[Data for this task — start]

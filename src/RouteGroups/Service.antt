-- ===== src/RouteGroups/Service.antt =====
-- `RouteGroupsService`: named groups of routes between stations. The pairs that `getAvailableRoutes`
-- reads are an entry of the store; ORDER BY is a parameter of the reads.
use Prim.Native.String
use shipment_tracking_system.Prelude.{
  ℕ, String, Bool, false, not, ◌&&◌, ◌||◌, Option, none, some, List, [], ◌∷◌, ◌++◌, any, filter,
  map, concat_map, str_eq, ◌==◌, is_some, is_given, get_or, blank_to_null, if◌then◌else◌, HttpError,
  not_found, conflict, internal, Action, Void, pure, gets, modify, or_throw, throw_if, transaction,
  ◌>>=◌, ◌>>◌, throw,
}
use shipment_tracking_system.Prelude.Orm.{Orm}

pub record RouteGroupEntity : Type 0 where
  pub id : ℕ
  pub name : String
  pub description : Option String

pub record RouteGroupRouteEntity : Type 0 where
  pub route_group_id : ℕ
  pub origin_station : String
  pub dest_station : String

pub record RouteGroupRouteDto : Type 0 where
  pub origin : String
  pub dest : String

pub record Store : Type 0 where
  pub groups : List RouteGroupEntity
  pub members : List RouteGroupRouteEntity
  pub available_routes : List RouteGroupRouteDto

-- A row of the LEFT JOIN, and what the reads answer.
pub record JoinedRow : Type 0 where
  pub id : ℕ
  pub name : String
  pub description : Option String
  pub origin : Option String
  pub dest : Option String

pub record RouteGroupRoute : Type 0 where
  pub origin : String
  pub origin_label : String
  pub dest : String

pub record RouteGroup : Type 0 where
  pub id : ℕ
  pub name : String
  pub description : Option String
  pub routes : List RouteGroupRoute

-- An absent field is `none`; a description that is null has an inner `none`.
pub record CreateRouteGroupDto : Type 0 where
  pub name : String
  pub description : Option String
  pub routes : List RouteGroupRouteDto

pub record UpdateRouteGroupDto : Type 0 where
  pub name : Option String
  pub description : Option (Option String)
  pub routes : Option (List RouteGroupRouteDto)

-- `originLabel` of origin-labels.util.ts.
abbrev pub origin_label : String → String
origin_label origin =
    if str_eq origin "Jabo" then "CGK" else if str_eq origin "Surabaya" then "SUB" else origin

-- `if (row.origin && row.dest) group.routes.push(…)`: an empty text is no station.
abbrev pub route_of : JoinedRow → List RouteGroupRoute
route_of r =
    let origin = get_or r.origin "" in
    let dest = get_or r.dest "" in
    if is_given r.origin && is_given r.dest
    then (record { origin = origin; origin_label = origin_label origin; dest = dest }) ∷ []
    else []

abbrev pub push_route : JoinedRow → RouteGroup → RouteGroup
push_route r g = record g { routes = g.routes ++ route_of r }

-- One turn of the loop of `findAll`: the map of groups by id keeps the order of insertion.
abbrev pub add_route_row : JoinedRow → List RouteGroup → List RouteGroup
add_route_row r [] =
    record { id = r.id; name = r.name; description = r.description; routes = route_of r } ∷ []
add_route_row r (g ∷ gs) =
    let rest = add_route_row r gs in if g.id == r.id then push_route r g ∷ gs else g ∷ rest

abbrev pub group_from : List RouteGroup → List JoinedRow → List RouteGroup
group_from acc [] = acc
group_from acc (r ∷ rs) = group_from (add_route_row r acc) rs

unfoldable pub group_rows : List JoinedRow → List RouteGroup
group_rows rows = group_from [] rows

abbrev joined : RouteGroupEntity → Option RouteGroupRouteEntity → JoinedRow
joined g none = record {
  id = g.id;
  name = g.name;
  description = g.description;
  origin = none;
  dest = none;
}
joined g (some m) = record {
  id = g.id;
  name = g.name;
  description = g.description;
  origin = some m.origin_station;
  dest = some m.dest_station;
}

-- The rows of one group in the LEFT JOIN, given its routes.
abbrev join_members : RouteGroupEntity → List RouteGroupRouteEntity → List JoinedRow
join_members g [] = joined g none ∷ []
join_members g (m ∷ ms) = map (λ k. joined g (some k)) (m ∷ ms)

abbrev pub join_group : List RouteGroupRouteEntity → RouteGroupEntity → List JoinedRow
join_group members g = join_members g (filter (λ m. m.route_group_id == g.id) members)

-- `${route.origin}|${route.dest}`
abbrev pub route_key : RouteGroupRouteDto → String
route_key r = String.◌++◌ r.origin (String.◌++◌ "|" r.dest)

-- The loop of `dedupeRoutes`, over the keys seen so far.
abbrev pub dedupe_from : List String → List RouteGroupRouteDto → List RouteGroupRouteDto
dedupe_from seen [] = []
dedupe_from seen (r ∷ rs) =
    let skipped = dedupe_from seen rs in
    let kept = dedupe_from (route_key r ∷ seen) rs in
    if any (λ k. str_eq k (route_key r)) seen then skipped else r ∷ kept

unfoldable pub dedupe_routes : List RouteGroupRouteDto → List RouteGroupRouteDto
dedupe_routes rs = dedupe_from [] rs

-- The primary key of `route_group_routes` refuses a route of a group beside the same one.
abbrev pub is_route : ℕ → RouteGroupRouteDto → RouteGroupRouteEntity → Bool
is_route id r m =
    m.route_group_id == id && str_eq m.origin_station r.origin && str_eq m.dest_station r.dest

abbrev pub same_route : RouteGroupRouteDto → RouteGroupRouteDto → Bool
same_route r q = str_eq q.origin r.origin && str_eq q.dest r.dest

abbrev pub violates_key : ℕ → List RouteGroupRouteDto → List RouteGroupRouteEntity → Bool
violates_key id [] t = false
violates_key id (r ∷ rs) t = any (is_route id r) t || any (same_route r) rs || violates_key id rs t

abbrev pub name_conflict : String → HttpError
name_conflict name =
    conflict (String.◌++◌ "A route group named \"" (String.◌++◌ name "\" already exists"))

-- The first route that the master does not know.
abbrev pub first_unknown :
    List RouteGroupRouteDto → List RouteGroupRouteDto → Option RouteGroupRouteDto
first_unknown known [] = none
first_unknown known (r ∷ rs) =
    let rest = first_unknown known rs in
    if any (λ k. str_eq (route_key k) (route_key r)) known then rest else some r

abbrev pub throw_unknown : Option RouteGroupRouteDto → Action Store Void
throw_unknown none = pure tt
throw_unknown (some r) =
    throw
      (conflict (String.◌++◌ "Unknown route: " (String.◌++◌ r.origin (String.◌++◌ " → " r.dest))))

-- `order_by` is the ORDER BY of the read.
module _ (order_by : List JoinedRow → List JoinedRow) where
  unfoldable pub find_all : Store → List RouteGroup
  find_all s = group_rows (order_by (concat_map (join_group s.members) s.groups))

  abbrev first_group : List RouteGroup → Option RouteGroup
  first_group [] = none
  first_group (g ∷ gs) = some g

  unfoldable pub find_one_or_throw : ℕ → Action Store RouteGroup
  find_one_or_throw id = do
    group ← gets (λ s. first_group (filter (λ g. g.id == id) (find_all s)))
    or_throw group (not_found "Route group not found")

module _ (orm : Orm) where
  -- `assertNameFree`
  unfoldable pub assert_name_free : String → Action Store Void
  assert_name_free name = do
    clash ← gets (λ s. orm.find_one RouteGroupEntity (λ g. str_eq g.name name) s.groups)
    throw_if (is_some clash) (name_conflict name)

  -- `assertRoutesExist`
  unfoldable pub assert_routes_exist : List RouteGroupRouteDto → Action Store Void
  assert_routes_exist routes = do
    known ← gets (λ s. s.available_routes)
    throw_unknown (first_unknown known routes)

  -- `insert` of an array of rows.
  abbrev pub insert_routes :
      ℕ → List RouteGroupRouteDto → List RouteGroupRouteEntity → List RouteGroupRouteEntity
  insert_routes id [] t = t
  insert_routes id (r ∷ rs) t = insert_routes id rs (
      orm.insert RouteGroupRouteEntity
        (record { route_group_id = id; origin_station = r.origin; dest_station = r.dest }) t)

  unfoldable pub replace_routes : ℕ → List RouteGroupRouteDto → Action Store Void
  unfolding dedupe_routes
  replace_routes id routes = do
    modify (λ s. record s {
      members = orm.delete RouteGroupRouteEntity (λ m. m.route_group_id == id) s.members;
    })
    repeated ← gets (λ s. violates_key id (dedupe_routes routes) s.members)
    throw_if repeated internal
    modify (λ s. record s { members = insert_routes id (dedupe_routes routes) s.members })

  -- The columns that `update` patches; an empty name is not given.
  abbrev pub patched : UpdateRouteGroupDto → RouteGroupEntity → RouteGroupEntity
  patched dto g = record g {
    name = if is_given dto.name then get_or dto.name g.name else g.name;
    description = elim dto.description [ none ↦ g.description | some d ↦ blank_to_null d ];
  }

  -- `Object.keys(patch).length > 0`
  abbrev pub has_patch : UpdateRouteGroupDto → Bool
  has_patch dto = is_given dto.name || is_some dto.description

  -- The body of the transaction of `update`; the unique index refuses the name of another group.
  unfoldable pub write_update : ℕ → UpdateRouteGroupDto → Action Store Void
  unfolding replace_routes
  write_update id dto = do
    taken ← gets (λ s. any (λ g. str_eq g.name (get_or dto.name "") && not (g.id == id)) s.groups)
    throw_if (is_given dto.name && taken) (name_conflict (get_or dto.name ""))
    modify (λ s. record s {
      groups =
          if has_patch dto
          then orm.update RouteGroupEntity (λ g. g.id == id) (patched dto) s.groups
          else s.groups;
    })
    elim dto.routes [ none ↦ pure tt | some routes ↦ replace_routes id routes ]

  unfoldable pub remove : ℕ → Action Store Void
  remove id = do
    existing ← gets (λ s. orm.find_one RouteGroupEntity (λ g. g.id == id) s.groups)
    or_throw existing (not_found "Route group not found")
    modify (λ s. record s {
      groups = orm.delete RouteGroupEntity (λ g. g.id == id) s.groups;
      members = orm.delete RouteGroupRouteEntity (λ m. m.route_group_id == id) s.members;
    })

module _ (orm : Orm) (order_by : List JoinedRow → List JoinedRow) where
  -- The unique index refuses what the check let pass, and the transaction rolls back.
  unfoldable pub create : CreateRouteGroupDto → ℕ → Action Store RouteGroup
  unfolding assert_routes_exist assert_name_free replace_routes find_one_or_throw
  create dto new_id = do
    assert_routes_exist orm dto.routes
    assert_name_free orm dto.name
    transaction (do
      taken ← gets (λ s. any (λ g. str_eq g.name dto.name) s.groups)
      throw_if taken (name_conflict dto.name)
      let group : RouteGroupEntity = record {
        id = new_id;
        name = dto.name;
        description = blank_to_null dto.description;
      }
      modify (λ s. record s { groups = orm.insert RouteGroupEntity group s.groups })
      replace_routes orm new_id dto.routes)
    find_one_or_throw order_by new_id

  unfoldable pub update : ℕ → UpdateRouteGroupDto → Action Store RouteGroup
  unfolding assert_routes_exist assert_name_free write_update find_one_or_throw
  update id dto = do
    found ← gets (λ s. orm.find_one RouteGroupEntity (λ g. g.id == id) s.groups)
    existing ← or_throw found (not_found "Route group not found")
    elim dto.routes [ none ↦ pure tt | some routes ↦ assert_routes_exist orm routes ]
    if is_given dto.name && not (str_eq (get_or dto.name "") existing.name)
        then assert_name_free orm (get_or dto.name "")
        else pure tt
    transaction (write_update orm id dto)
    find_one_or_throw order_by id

[Data for this task — finish]

Task directions ▸
Retype the entries above exactly, but only from the line containing "dedupe_from seen [] = []" through the line containing "abbrev pub same_route", both included.

Written reply ▸
dedupe_from seen [] = []
dedupe_from seen (r ∷ rs) =
    let skipped = dedupe_from seen rs in
    let kept = dedupe_from (route_key r ∷ seen) rs in
    if any (λ k. str_eq k (route_key r)) seen then skipped else r ∷ kept

unfoldable pub dedupe_routes : List RouteGroupRouteDto → List RouteGroupRouteDto
dedupe_routes rs = dedupe_from [] rs

-- The primary key of `route_group_routes` refuses a route of a group beside the same one.
abbrev pub is_route : ℕ → RouteGroupRouteDto → RouteGroupRouteEntity → Bool
is_route id r m =
    m.route_group_id == id && str_eq m.origin_station r.origin && str_eq m.dest_station r.dest

abbrev pub same_route : RouteGroupRouteDto → RouteGroupRouteDto → Bool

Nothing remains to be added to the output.